Your assignment: Please print every record that follows, keeping each one exactly as it is.

Collected data
######

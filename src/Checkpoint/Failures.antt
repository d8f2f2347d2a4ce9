-- ===== src/Checkpoint/Failures.antt =====
-- How `PtLoader::open` of dee.cpp/src/pt_loader.cpp fails: a file without the record that ends a zip
-- archive, and a pickle that contradicts the table of tensors.
use dee.Prelude.{
  ℕ, zero, suc, ◌-◌, ◌^◌, ◌≤◌, ◌<◌, ◌≡◌, refl, sym, ap, ◌∙◌, ◌⊎◌, Bool, true, false, none, some,
  List, [], arith, ltb, ◌==◌, inl, inr, Bool-cases, Option-cases, length,
}
use dee.Map.{find}
use dee.Json.{Text}
use dee.Weights.{text_key}
use dee.Bytes.{Bytes, at}
use dee.Checkpoint.{Result, gives, undefined, unfinished, ◌>>=◌, PtLoader, is_open}
use dee.Checkpoint.Pickle.{Found, scan, scan_start, mismatch, add_tensors, parse_pickle}
use dee.Checkpoint.Pickle
use dee.Checkpoint.Zip.{Zlib, is_eocd, search_eocd, find_eocd, parse_zip, open_archive}
use dee.Checkpoint.Table.{length-add_tensors}
use dee.Checkpoint.Headers.{ltb-false}

-- The last record at or before a place.
abbrev IsLast : Bytes → ℕ → ℕ → Type 0
IsLast d i j = (j ≤ i) × (is_eocd d j ≡ true) × ((k : ℕ) → j < k → k ≤ i → is_eocd d k ≡ false)

abbrev pub HasNone : Bytes → ℕ → Type 0
HasNone d i = (k : ℕ) → k ≤ i → is_eocd d k ≡ false

search_eocd-IsLast :
    (d : Bytes) (i : ℕ)
    → ((j : ℕ) × (search_eocd d i ≡ gives j) × IsLast d i j)
      ⊎ ((search_eocd d i ≡ undefined) × HasNone d i)
unfolding search_eocd
search_eocd-IsLast d zero = elim (Bool-cases (is_eocd d 0)) [
  | inl hit ↦ inl (0, rw hit refl, (omega arith, hit, λ k a b. absurd (omega (arith, a, b))))
  | inr miss ↦ inr (rw miss refl, λ k b. (let e : k ≡ 0 = omega (arith, b) in rw e miss))
]
search_eocd-IsLast d (suc i) = elim (Bool-cases (is_eocd d (suc i))) [
  | inl hit ↦ inl (suc i, rw hit refl, (omega arith, hit, λ k a b. absurd (omega (arith, a, b))))
  | inr miss ↦ elim (search_eocd-IsLast d i) [
    | inl (j, found, (before, sign, last)) ↦ inl (
      j,
      rw miss found,
      (
        omega (arith, before),
        sign,
        λ k a b. elim (Bool-cases (k == suc i)) [
          | inl same ↦ (let e : k ≡ suc i = ground (arith, same) in ap (is_eocd d) e ∙ miss)
          | inr other ↦ last k a (ground (arith, other, b))
        ],
      ),
    )
    | inr (lost, none_before) ↦ inr (
      rw miss lost,
      λ k b. elim (Bool-cases (k == suc i)) [
        | inl same ↦ (let e : k ≡ suc i = ground (arith, same) in ap (is_eocd d) e ∙ miss)
        | inr other ↦ none_before k (ground (arith, other, b))
      ],
    )
  ]
]

-- In a file of at least the record's size, the record found is the last one; and where there is none,
-- the search reads outside the file.
find_eocd-IsLast :
    (d : Bytes)
    → 22 ≤ length d
    → ((j : ℕ) × (find_eocd d ≡ gives (some j)) × IsLast d (length d - 22) j)
      ⊎ ((find_eocd d ≡ undefined) × HasNone d (length d - 22))
unfolding find_eocd
find_eocd-IsLast d h =
    let long : ltb (length d) 22 ≡ false = ltb-false (length d) 22 h in
    elim (search_eocd-IsLast d (length d - 22)) [
      | inl (j, found, last) ↦ inl (j, rw (long, find_eocd) (rw found refl), last)
      | inr (lost, absent) ↦ inr (rw (long, find_eocd) (rw lost refl), absent)
    ]

abbrev left_by : PtLoader → Result (Bool × PtLoader) → PtLoader
left_by l (gives (ok, l')) = l'
left_by l undefined = l
left_by l unfinished = l

-- The outcome of the check, by what it is made from.
rejected :
    (m : Result (List Found)) (l l' : PtLoader)
    → ◌≡◌ {A = Result (Bool × PtLoader)}
        (m >>= λ found.
          let num_storage : ℕ = length l.buffers in
          let filled : PtLoader = record l { tensors = add_tensors num_storage 0 l.tensors } in
          elim (mismatch num_storage found) [
            | none ↦ gives (true, filled)
            | some (st, name) ↦ gives (false, record filled { err = Pickle.mismatch_error st name })
          ])
        (gives (false, l'))
    → (l'.tensors ≡ add_tensors (length l.buffers) 0 l.tensors) × (l'.path ≡ l.path)
unfolding add_tensors
rejected (gives found) l l' e = elim (Option-cases (mismatch (length l.buffers) found)) [
  | inl agrees ↦ absurd (cc (rw (agrees, ◌>>=◌) at e))
  | inr (p, differs) ↦
      let made = rw (differs, ◌>>=◌) at e in
      (sym (ap (λ r. (left_by l r).tensors) made), sym (ap (λ r. (left_by l r).path) made))
]
rejected undefined l l' e = absurd (cc e)
rejected unfinished l l' e = absurd (cc e)

-- A loader whose pickle contradicts the table says that it is open, although `open` fails.
pub parse_pickle_rejected :
    (pkl : Bytes) (l l' : PtLoader)
    → l.tensors ≡ []
    → 0 < length l.path
    → 0 < length l.buffers
    → length l.buffers ≤ 2 ^ 31
    → parse_pickle pkl l ≡ gives (false, l')
    → is_open l' ≡ true
unfolding parse_pickle is_open
parse_pickle_rejected pkl l l' t p b few e =
    let (tensors, path) = rejected (scan (suc (length pkl)) pkl (scan_start pkl)) l l' e in
    let count : length l'.tensors ≡ length l.buffers =
      ap length tensors
      ∙ ap (λ ts. length (add_tensors (length l.buffers) 0 ts)) t
      ∙ length-add_tensors (length l.buffers) 0 [] (omega (arith, few))
          (λ h x y. unfold find in refl)
      ∙ omega arith in
    let same : length l'.path ≡ length l.path = ap length path in ground (arith, count, same, p, b)

-- `open` of a file with the magic bytes of a zip archive, but without its end record, reads outside
-- the file.
pub open_archive_unended :
    (Z : Zlib) (fuel : ℕ) (path : Text) (b : Bytes) (l : PtLoader)
    → 22 ≤ length b
    → at b 0 ≡ b'P'
    → at b 1 ≡ b'K'
    → HasNone b (length b - 22)
    → open_archive Z fuel path (some b) l ≡ undefined
unfolding open_archive parse_zip
open_archive_unended Z fuel path b l h p k absent =
    let whole : (length b == 0) ≡ false = ground arith in
    let enough : ltb (length b) 4 ≡ false = ltb-false (length b) 4 (omega (arith, h)) in
    let lost : find_eocd b ≡ undefined = elim (find_eocd-IsLast b h) [
      | inl (j, found, (before, sign, last)) ↦ absurd (cc (sign, absent j before))
      | inr (e, same) ↦ e
    ] in
    rw (whole, open_archive) (rw (enough, p, k, open_archive) (rw (lost, parse_zip) refl))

######

Expected answer:
filename src/Checkpoint/Failures.antt
repository d8f2f2347d2a4ce9
-- ===== src/Checkpoint/Failures.antt =====
-- How `PtLoader::open` of dee.cpp/src/pt_loader.cpp fails: a file without the record that ends a zip
-- archive, and a pickle that contradicts the table of tensors.
use dee.Prelude.{
  ℕ, zero, suc, ◌-◌, ◌^◌, ◌≤◌, ◌<◌, ◌≡◌, refl, sym, ap, ◌∙◌, ◌⊎◌, Bool, true, false, none, some,
  List, [], arith, ltb, ◌==◌, inl, inr, Bool-cases, Option-cases, length,
}
use dee.Map.{find}
use dee.Json.{Text}
use dee.Weights.{text_key}
use dee.Bytes.{Bytes, at}
use dee.Checkpoint.{Result, gives, undefined, unfinished, ◌>>=◌, PtLoader, is_open}
use dee.Checkpoint.Pickle.{Found, scan, scan_start, mismatch, add_tensors, parse_pickle}
use dee.Checkpoint.Pickle
use dee.Checkpoint.Zip.{Zlib, is_eocd, search_eocd, find_eocd, parse_zip, open_archive}
use dee.Checkpoint.Table.{length-add_tensors}
use dee.Checkpoint.Headers.{ltb-false}

-- The last record at or before a place.
abbrev IsLast : Bytes → ℕ → ℕ → Type 0
IsLast d i j = (j ≤ i) × (is_eocd d j ≡ true) × ((k : ℕ) → j < k → k ≤ i → is_eocd d k ≡ false)

abbrev pub HasNone : Bytes → ℕ → Type 0
HasNone d i = (k : ℕ) → k ≤ i → is_eocd d k ≡ false

search_eocd-IsLast :
    (d : Bytes) (i : ℕ)
    → ((j : ℕ) × (search_eocd d i ≡ gives j) × IsLast d i j)
      ⊎ ((search_eocd d i ≡ undefined) × HasNone d i)
unfolding search_eocd
search_eocd-IsLast d zero = elim (Bool-cases (is_eocd d 0)) [
  | inl hit ↦ inl (0, rw hit refl, (omega arith, hit, λ k a b. absurd (omega (arith, a, b))))
  | inr miss ↦ inr (rw miss refl, λ k b. (let e : k ≡ 0 = omega (arith, b) in rw e miss))
]
search_eocd-IsLast d (suc i) = elim (Bool-cases (is_eocd d (suc i))) [
  | inl hit ↦ inl (suc i, rw hit refl, (omega arith, hit, λ k a b. absurd (omega (arith, a, b))))
  | inr miss ↦ elim (search_eocd-IsLast d i) [
    | inl (j, found, (before, sign, last)) ↦ inl (
      j,
      rw miss found,
      (
        omega (arith, before),
        sign,
        λ k a b. elim (Bool-cases (k == suc i)) [
          | inl same ↦ (let e : k ≡ suc i = ground (arith, same) in ap (is_eocd d) e ∙ miss)
          | inr other ↦ last k a (ground (arith, other, b))
        ],
      ),
    )
    | inr (lost, none_before) ↦ inr (
      rw miss lost,
      λ k b. elim (Bool-cases (k == suc i)) [
        | inl same ↦ (let e : k ≡ suc i = ground (arith, same) in ap (is_eocd d) e ∙ miss)
        | inr other ↦ none_before k (ground (arith, other, b))
      ],
    )
  ]
]

-- In a file of at least the record's size, the record found is the last one; and where there is none,
-- the search reads outside the file.
find_eocd-IsLast :
    (d : Bytes)
    → 22 ≤ length d
    → ((j : ℕ) × (find_eocd d ≡ gives (some j)) × IsLast d (length d - 22) j)
      ⊎ ((find_eocd d ≡ undefined) × HasNone d (length d - 22))
unfolding find_eocd
find_eocd-IsLast d h =
    let long : ltb (length d) 22 ≡ false = ltb-false (length d) 22 h in
    elim (search_eocd-IsLast d (length d - 22)) [
      | inl (j, found, last) ↦ inl (j, rw (long, find_eocd) (rw found refl), last)
      | inr (lost, absent) ↦ inr (rw (long, find_eocd) (rw lost refl), absent)
    ]

abbrev left_by : PtLoader → Result (Bool × PtLoader) → PtLoader
left_by l (gives (ok, l')) = l'
left_by l undefined = l
left_by l unfinished = l

-- The outcome of the check, by what it is made from.
rejected :
    (m : Result (List Found)) (l l' : PtLoader)
    → ◌≡◌ {A = Result (Bool × PtLoader)}
        (m >>= λ found.
          let num_storage : ℕ = length l.buffers in
          let filled : PtLoader = record l { tensors = add_tensors num_storage 0 l.tensors } in
          elim (mismatch num_storage found) [
            | none ↦ gives (true, filled)
            | some (st, name) ↦ gives (false, record filled { err = Pickle.mismatch_error st name })
          ])
        (gives (false, l'))
    → (l'.tensors ≡ add_tensors (length l.buffers) 0 l.tensors) × (l'.path ≡ l.path)
unfolding add_tensors
rejected (gives found) l l' e = elim (Option-cases (mismatch (length l.buffers) found)) [
  | inl agrees ↦ absurd (cc (rw (agrees, ◌>>=◌) at e))
  | inr (p, differs) ↦
      let made = rw (differs, ◌>>=◌) at e in
      (sym (ap (λ r. (left_by l r).tensors) made), sym (ap (λ r. (left_by l r).path) made))
]
rejected undefined l l' e = absurd (cc e)
rejected unfinished l l' e = absurd (cc e)

-- A loader whose pickle contradicts the table says that it is open, although `open` fails.
pub parse_pickle_rejected :
    (pkl : Bytes) (l l' : PtLoader)
    → l.tensors ≡ []
    → 0 < length l.path
    → 0 < length l.buffers
    → length l.buffers ≤ 2 ^ 31
    → parse_pickle pkl l ≡ gives (false, l')
    → is_open l' ≡ true
unfolding parse_pickle is_open
parse_pickle_rejected pkl l l' t p b few e =
    let (tensors, path) = rejected (scan (suc (length pkl)) pkl (scan_start pkl)) l l' e in
    let count : length l'.tensors ≡ length l.buffers =
      ap length tensors
      ∙ ap (λ ts. length (add_tensors (length l.buffers) 0 ts)) t
      ∙ length-add_tensors (length l.buffers) 0 [] (omega (arith, few))
          (λ h x y. unfold find in refl)
      ∙ omega arith in
    let same : length l'.path ≡ length l.path = ap length path in ground (arith, count, same, p, b)

-- `open` of a file with the magic bytes of a zip archive, but without its end record, reads outside
-- the file.
pub open_archive_unended :
    (Z : Zlib) (fuel : ℕ) (path : Text) (b : Bytes) (l : PtLoader)
    → 22 ≤ length b
    → at b 0 ≡ b'P'
    → at b 1 ≡ b'K'
    → HasNone b (length b - 22)
    → open_archive Z fuel path (some b) l ≡ undefined
unfolding open_archive parse_zip
open_archive_unended Z fuel path b l h p k absent =
    let whole : (length b == 0) ≡ false = ground arith in
    let enough : ltb (length b) 4 ≡ false = ltb-false (length b) 4 (omega (arith, h)) in
    let lost : find_eocd b ≡ undefined = elim (find_eocd-IsLast b h) [
      | inl (j, found, (before, sign, last)) ↦ absurd (cc (sign, absent j before))
      | inr (e, same) ↦ e
    ] in
    rw (whole, open_archive) (rw (enough, p, k, open_archive) (rw (lost, parse_zip) refl))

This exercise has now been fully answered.